WASHINGTON — Some Alzheimer's disease-related groups—but not all—are stepping up calls for earlier and more frequent cognition screening, citing an aging population increasingly at risk for dementia.
The disease affects 1 in 10 people older than age 65 years, and almost half of those older than age 85 years, according to the Alzheimer's Foundation of America. It is the seventh leading cause of death in the United States.
A cognition screen can establish a baseline, and be used to prompt referrals to clinicians who can pinpoint the cause of memory loss or loss of executive functioning, Eric J. Hall, CEO of the New York-based AFA, said in an interview. Some of those causes may be treatable, Mr. Hall said.
An Alzheimer's diagnosis is important; knowing it early in the disease progression helps patients and families prepare, and early intervention can improve quality of life, he said.
The AFA has been seeking coverage of cognition screening as part of the “Welcome to Medicare” exam. The exam is offered during the first 6 months of Medicare Part B coverage; beneficiaries pay 20% of the cost, if they've met the deductible. If they have not met the deductible, they may be liable for the exam's entire cost. The exam covers a medical and social history; a review of risk factors for depression; a review of functional ability and level of safety; an assessment of height, weight, blood pressure management, and visual acuity; an ECG and interpretation of the diagnostic test; and education, counseling, and referral.
To add cognition screening would require an act of Congress, according to a spokesperson at the Centers for Medicare and Medicaid Services.

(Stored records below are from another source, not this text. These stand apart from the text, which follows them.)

-- ===== src/Duck/Tests.antt =====
-- Witnesses on the client for duck typed objects (duck/client.go). The scheme knows ConfigMaps. The
-- cluster is the body of one object.
use reconciler_runtime.Base.{◌≡◌, refl, Bool, false, not, none, some, String, ◌==◌, if◌then◌else◌}
use reconciler_runtime.Errors.{errorf}
use reconciler_runtime.Base.{[]}
use reconciler_runtime.Tracker.{ok}
use reconciler_runtime.Duck.{
  Form, typed, unstructured, Kindred, External, Call, Client, is_duck, converted, not_supported,
  new_duck_aware_client_wrapper,
}
use reconciler_runtime.Duck.Wrapped.{
  KnowsUnstructured, converted-not_supported_agree,
  new_duck_aware_client_wrapper-new_duck_aware_client_wrapper,
}

record Thing : Type 0 where
  kind : String
  body : String

abbrev unknown : Form → Thing → Bool
unknown typed t = not (t.kind == "ConfigMap")
unknown unstructured t = false

abbrev thing : Kindred Thing String
thing = record {
  Object = λ f. Thing;
  is_not_registered = λ {f} t. unknown f t;
  object_kind = λ {f} t. some t.kind;
  to_unstructured = λ {f} t. ok t;
  from_unstructured = λ {f} m t. (none, record t { body = m.body });
  of_map = λ m. m;
  map_of = λ u. u;
}

abbrev things : External
things = record {
  Json = Thing;
  Kind = String;
  is_empty = λ kind. kind == "";
  object = thing;
  list = thing;
  Key = String;
  Patch = String;
  Options = Unit {0};
  Cluster = String;
}

abbrev load : Call things thing String
load f t s = ((none, record t { body = s }), s)

abbrev store : Call things thing String
store f t s = ((none, t), t.body)

abbrev with_sub : Call things thing (Thing × String)
with_sub f t (sub, s) = ((none, t), (record sub { body = s }, s))

abbrev client : Client things
client = record {
  reader = record { get = λ key opts. load; list = λ opts. load };
  create = λ opts. store;
  update = λ opts. store;
  patch = λ patch opts. store;
  delete = λ opts. store;
  delete_all_of = λ opts. store;
  status = record {
    create = λ g opts. with_sub;
    update = λ opts. store;
    patch = λ patch opts. store;
  };
  sub_resource = λ name. record {
    get = λ g opts. with_sub;
    create = λ g opts. with_sub;
    update = λ opts. store;
    patch = λ patch opts. store;
  };
  group_version_kind_for = λ f t s. ok t.kind;
  is_object_namespaced = λ f t s. ok false;
}

things-KnowsUnstructured : KnowsUnstructured things thing
things-KnowsUnstructured u = refl

abbrev service : Thing
service = record { kind = "Service"; body = "" }

-- A read of a duck typed object goes by way of the unstructured one.
converted_example :
    converted things thing load typed service "stored"
    ≡ ((none, record { kind = "Service"; body = "stored" }), "stored")
unfolding converted
converted_example = refl

new_duck_aware_client_wrapper-new_duck_aware_client_wrapper_example :
    new_duck_aware_client_wrapper things (new_duck_aware_client_wrapper things client)
    ≡ new_duck_aware_client_wrapper things client
new_duck_aware_client_wrapper-new_duck_aware_client_wrapper_example =
    new_duck_aware_client_wrapper-new_duck_aware_client_wrapper things client
      things-KnowsUnstructured things-KnowsUnstructured

-- A call that fails on every duck typed object.
abbrev load_known : Call things thing String
load_known f t s =
    if is_duck things thing {f = f} t then ((some (errorf "no kind" []), t), s) else load f t s

load-load_known :
    (f : Form) (t : Thing) (s : String)
    → is_duck things thing {f = f} t ≡ false
    → load f t s ≡ load_known f t s
load-load_known f t s h = rw h refl

converted-not_supported_agree_example :
    (converted things thing load ≡ converted things thing load_known)
    × (not_supported things "no" thing load ≡ not_supported things "no" thing load_known)
converted-not_supported_agree_example =
    converted-not_supported_agree things thing load load_known "no" things-KnowsUnstructured
      load-load_known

The AFA's call for early screening and coverage was echoed by a group of experts convened by Pfizer Inc. and Eisai Inc., who issued a consensus statement in November. Pfizer and Eisai manufacture Aricept (donepezil), an Alzheimer's drug.
In the consensus document, the Alzheimer's Disease Screening Discussion Group urged all adults aged 65 years and older to seek cognition screening during a physical exam. Screening should be conducted on those with a strong family history of the disease or those who are concerned about memory problems, as well as on anyone admitted to an assisted-living or long-term care facility, said the seven-member panel.
Two of the panelists are paid speakers for Pfizer: Paul Solomon, Ph.D., clinical director of the memory clinic at Williams College, Williamstown, Mass., and Dr. Barry W. Rovner, director of clinical Alzheimer's disease research at Jefferson Medical College, Philadelphia.
At a briefing on the consensus document, Dr. Solomon said there are a number of validated cognition screening tools that can be used by practitioners, including the Mini-Mental State Examination, verbal fluency test, and clock-drawing test. “A delay in diagnosis can undermine Alzheimer's patients and their families in [their] ability to plan financially, socially, emotionally, and medically for the future,” he said.
Dr. Rovner called for more training during medical school and residency on the importance of cognition screening, and for more education programs to target primary care physicians and the public.
Patients aren't talking with physicians about memory loss, according to an AFA survey of 1,902 people who participated in the organization's National Memory Screening Day in 2006. Of the survey respondents, 97% had never been given a memory test.
Of those surveyed, 80% said they had visited a primary care physician within the last 6 months, but fewer than 10% of those with self-identified memory problems had talked about them with their doctor.
The 2007 National Memory Screening Day was held in mid-November at 2,000 sites in 46 states, including 1,100 Kmart pharmacies. The AFA is supported by drug company grants and private donations. Memory Screening Day participants are given access to a special Web site that contains education materials and three cognition tests recommended by the AFA's Memory Screening Advisory Board.
The Chicago-based Alzheimer's Association does not see the wisdom of such health fair-type screening events, William Thies, Ph.D., vice president of medical and scientific relations, said in an interview. Patients may not get enough encouragement to talk with their physicians, and the tests used for screening are often not sensitive or specific enough, thus potentially leading to false-negative or false-positive results, he said.
“But we know it's a good thing for people to talk to their physicians about any memory concerns they have,” Dr. Thies said, adding that the Alzheimer's Association encourages physicians to conduct more “cognitive surveillance.”
Once a dialog has started, physicians can determine whether the patient is just worried or if diagnostics are necessary, Dr. Thies said.